---- Input records

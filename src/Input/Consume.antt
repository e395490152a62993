-- ===== src/Input/Consume.antt =====
-- internal/runtime/input_worker.go: the loop of `consume`. Each round is one answer of `fetch`, with
-- the answers of the database and the broker to the calls that the round makes.
use Prim.Native.String.{◌++◌}
use market_data_backend.Prelude.{
  String, Bool, true, false, List, [], ◌∷◌, ◌++◌ as append, ◌==◌, ℕ_eq, if◌then◌else◌, length,
}
use market_data_backend.Prelude.Int.{pos, leb_ℤ}
use market_data_backend.Model.{PoisonRecord}
use market_data_backend.Model.ActualStatus
use market_data_backend.Input.Config.{input_id, is_retryable_stage}
use market_data_backend.Input.Types.{
  Message, Builders, PendingRecord, poisoned, committed, InputWorker,
}
use market_data_backend.Input.Status.{set_status}
use market_data_backend.Input.Prepare.{
  LoadAttempt, ensure_progress, Prepared, prepared, failed, prepare,
}
use market_data_backend.Input.Flush.{FlushAnswers, note, flush_batch}

pub record Loop : Type 0 where
  pub worker : InputWorker
  pub pending : List PendingRecord
  pub stopped : Bool

-- One call that is not retried.
pub data Answer : Type 0 where
  done : Answer
  refused : String → Answer

-- `switch` answers the flush on a change of partition, `early` the flush before a bad message,
-- `full` the flush of a full batch.
pub record Answers : Type 0 where
  pub switch : FlushAnswers
  pub loads : List LoadAttempt
  pub early : FlushAnswers
  pub full : FlushAnswers
  pub poison_write : Answer
  pub poison_commit : Answer

pub data Round : Type 0 where
  fetched : Message → Answers → Round
  deadline : String → FlushAnswers → Round
  fetch_failed : String → Round
  fetch_cancelled : Round

abbrev pub running : InputWorker → List PendingRecord → Loop
running iw pending = record { worker = iw; pending = pending; stopped = false }

-- `return`: the records that are still pending stay as they are.
abbrev pub halted : InputWorker → List PendingRecord → Loop
halted iw pending = record { worker = iw; pending = pending; stopped = true }

abbrev pub message_text : String → String → String
message_text stage message = stage ++ (": " ++ message)

unfoldable pub poison_of : InputWorker → Message → String → String → PoisonRecord
unfolding input_id
poison_of iw msg stage message = record {
  input_id = input_id iw.input;
  group_id = iw.group.group_id;
  stream_kind = iw.input.stream_kind;
  topic = "";
  partition = msg.partition;
  offset = msg.offset;
  error_message = message_text stage message;
  raw_payload = msg.value;
}

abbrev pub commit_poison : InputWorker → Message → Answer → InputWorker
commit_poison iw msg done = note iw (committed msg.partition msg.offset)
commit_poison iw msg (refused e) = iw

-- The write of the poison record, and on success the commit of its offset.
abbrev pub store_poison : InputWorker → Message → PoisonRecord → Answer → Answer → InputWorker
store_poison iw msg poison done commit = commit_poison (note iw (poisoned poison)) msg commit
store_poison iw msg poison (refused e) commit = iw

-- A message that failed to decode, after the batch before it was flushed.
unfoldable pub reject : InputWorker → Message → String → String → Answers → Loop
unfolding set_status poison_of is_retryable_stage
reject iw msg stage message a =
    let marked = set_status iw ActualStatus.error (message_text stage message) in
    if is_retryable_stage stage
    then halted marked []
    else running
        (store_poison marked msg (poison_of iw msg stage message) a.poison_write a.poison_commit) []

abbrev pub rejected :
    InputWorker × Bool → List PendingRecord → Message → String → String → Answers → Loop
rejected (iw, true) pending msg stage message a = reject iw msg stage message a
rejected (iw, false) pending msg stage message a = halted iw pending

abbrev pub flushed : InputWorker × Bool → List PendingRecord → Loop
flushed (iw, true) pending = running iw []
flushed (iw, false) pending = halted iw pending

-- The new record joins the batch, which is flushed when it is full.
unfoldable pub accept : InputWorker → List PendingRecord → PendingRecord → FlushAnswers → Loop
unfolding flush_batch
accept iw pending r a =
    let batch = append pending (r ∷ []) in
    if leb_ℤ iw.batch.size (pos (length batch))
    then flushed (flush_batch iw batch a) batch
    else running iw batch

abbrev pub on_prepared : InputWorker × Prepared → List PendingRecord → Message → Answers → Loop
on_prepared (iw, prepared r) pending msg a = accept iw pending r a.full
on_prepared (iw, failed stage message) pending msg a =
    rejected (flush_batch iw pending a.early) pending msg stage message a

abbrev pub on_progress :
    Builders → InputWorker × Bool → List PendingRecord → Message → Answers → Loop
on_progress b (iw, true) pending msg a = on_prepared (prepare b iw msg) pending msg a
on_progress b (iw, false) pending msg a = halted iw pending

-- A message once no batch of another partition is pending.
unfoldable pub take_message : Builders → InputWorker → List PendingRecord → Message → Answers → Loop
unfolding ensure_progress prepare accept reject
take_message b iw pending msg a =
    on_progress b (ensure_progress iw msg.partition a.loads) pending msg a

abbrev pub switched : Builders → InputWorker × Bool → List PendingRecord → Message → Answers → Loop
switched b (iw, true) pending msg a = take_message b iw [] msg a
switched b (iw, false) pending msg a = halted iw pending

unfoldable pub on_message : Builders → InputWorker → List PendingRecord → Message → Answers → Loop
unfolding take_message
on_message b iw [] msg a = take_message b iw [] msg a
on_message b iw (r ∷ rs) msg a =
    if r.msg.partition == msg.partition
    then take_message b iw (r ∷ rs) msg a
    else switched b (flush_batch iw (r ∷ rs) a.switch) (r ∷ rs) msg a

abbrev pub fetch_error : InputWorker → List PendingRecord → String → Loop
fetch_error iw pending e = running (set_status iw ActualStatus.error ("fetch: " ++ e)) pending

abbrev pub on_deadline : InputWorker × Bool → List PendingRecord → Loop
on_deadline (iw, true) pending = running iw []
on_deadline (iw, false) pending = running iw pending

unfoldable pub deadline_round : InputWorker → List PendingRecord → String → FlushAnswers → Loop
unfolding set_status flush_batch
deadline_round iw [] e a = fetch_error iw [] e
deadline_round iw (r ∷ rs) e a = on_deadline (flush_batch iw (r ∷ rs) a) (r ∷ rs)

unfoldable pub round : Builders → InputWorker → List PendingRecord → Round → Loop
unfolding set_status on_message deadline_round
round b iw pending (fetched msg a) = on_message b iw pending msg a
round b iw pending (deadline e a) = deadline_round iw pending e a
round b iw pending (fetch_failed e) = fetch_error iw pending e
round b iw pending fetch_cancelled = halted iw pending

-- The loop over the answers of `fetch`; after `return` nothing more is fetched.
unfoldable pub consume : Builders → Loop → List Round → Loop
unfolding round
consume b l [] = l
consume b l (answer ∷ answers) = elim l.stopped [
  | true ↦ l
  | false ↦ consume b (round b l.worker l.pending answer) answers
]

-- The deferred call: on a graceful stop the pending batch is flushed.
unfoldable pub finish : Loop → FlushAnswers → Loop
unfolding flush_batch
finish l a =
    if l.worker.flush_on_stop then record l { worker = (flush_batch l.worker l.pending a).0 } else l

--------

**Assignment**
Search the records for the string "LoadAttempt", and copy every line that holds it.

**Response area**
  LoadAttempt, ensure_progress, Prepared, prepared, failed, prepare,
  pub loads : List LoadAttempt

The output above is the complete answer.